Aim of the exercise:
Scan the data, and whenever a line contains "volumes", copy it.

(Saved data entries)

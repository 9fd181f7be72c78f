-- ===== src/Client/Errors.antt =====
-- `IsNotFoundError` and `IsAlreadyExistsError` of pkg/vcloud/client/client.go, on the error's text.
use csi_driver_bs.Base.{Bool, ◌||◌}
use csi_driver_bs.Text.{Text, str}
use csi_driver_bs.Text.Contains.{contains}

unfoldable pub is_not_found_error : Text → Bool
is_not_found_error e =
    contains e (str "404") || contains e (str "not found") || contains e (str "Not Found")

unfoldable pub is_already_exists_error : Text → Bool
is_already_exists_error e =
    contains e (str "409") || contains e (str "already exists") || contains e (str "Already Exists")
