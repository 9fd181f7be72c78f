-- ===== src/Client/Request/Laws.antt =====
-- Which errors `doRequest` makes of the server's answers, and how they are classified.
use csi_driver_bs.Base.{ℕ, ◌≡◌, ◌≢◌, refl, true, some, ◌++◌, ok, err, arith, nat_eq}
use mathlib.Core.List.{append_assoc}
use csi_driver_bs.Text.{Text, str}
use csi_driver_bs.Text.Decimal.{decimal}
use csi_driver_bs.Text.Contains.{contains, contains_iff}
use csi_driver_bs.Client.Json.{Fields}
use csi_driver_bs.Client.Errors.{is_not_found_error, is_already_exists_error}
use csi_driver_bs.Client.Request.{
  Client, Transport, HttpResponse, http_request, status_error, read_response, do_request, post,
}

-- In the state `w` the server answers this payload with a status and a body, in the state `w'`.
pub record Answers {W : Type 0} (t : Transport W) (c : Client) (payload : Fields) (w w' : W)
    (answer : HttpResponse) : Type 0 where
  pub json : Text
  pub encoded : t.marshal payload ≡ ok json
  pub accepted : t.new_request (str "POST") (c.base_url ++ str "/volumes") ≡ ok tt
  pub sent : t.send (http_request c (str "POST") (str "/volumes") (some json)) w ≡ (ok answer, w')

module _ {W : Type 0} (t : Transport W) (c : Client) (payload : Fields) (w w' : W) where
  pub post-Answers :
      (answer : HttpResponse)
      → Answers t c payload w w' answer
      → post t c payload w ≡ (read_response t (ok answer), w')
  unfolding do_request
  post-Answers answer a = ground (arith, a.encoded, a.accepted, a.sent)

contains_status :
    (before : Text) (code : ℕ) (body : Text)
    → contains (before ++ status_error code body) (decimal code) ≡ true
unfolding status_error
contains_status before code body =
    (contains_iff _ (decimal code)).1
      (before ++ str "request failed, status code: ", str ", response: " ++ body, simp append_assoc)

decimal_404 : decimal 404 ≡ str "404"
unfolding decimal str
decimal_404 = refl

decimal_409 : decimal 409 ≡ str "409"
unfolding decimal str
decimal_409 = refl

-- The error of a 404 answer counts as "not found", whatever text was put in front of it.
pub is_not_found-status_error :
    (before body : Text) → is_not_found_error (before ++ status_error 404 body) ≡ true
unfolding is_not_found_error
is_not_found-status_error before body =
    let found : contains (before ++ status_error 404 body) (str "404") ≡ true =
      rw (← decimal_404) (contains_status before 404 body) in
    ground (arith, found)

pub is_already_exists-status_error :
    (before body : Text) → is_already_exists_error (before ++ status_error 409 body) ≡ true
unfolding is_already_exists_error
is_already_exists-status_error before body =
    let found : contains (before ++ status_error 409 body) (str "409") ≡ true =
      rw (← decimal_409) (contains_status before 409 body) in
    ground (arith, found)

pub read_response_refused :
    {W : Type 0} (t : Transport W) (code : ℕ) (body : Text)
    → code ≢ 200
    → read_response t (ok (record { status_code = code; body = ok body }))
      ≡ err (status_error code body)
unfolding read_response
read_response_refused t code body h = ground arith

-- So does the error of any other refusal whose body holds that text.
pub is_not_found_body :
    (before : Text) (code : ℕ) (body : Text)
    → contains body (str "404") ≡ true
    → is_not_found_error (before ++ status_error code body) ≡ true
unfolding is_not_found_error status_error
is_not_found_body before code body h =
    let (x, y, e) = (contains_iff body (str "404")).0 h in
    let found : contains (before ++ status_error code body) (str "404") ≡ true =
      (contains_iff _ (str "404")).1 (
        before
            ++ (str "request failed, status code: " ++ (decimal code ++ (str ", response: " ++ x))),
        y,
        rw e (simp append_assoc),
      ) in
    ground (arith, found)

Solution to this exercise:
  pub accepted : t.new_request (str "POST") (c.base_url ++ str "/volumes") ≡ ok tt
  pub sent : t.send (http_request c (str "POST") (str "/volumes") (some json)) w ≡ (ok answer, w')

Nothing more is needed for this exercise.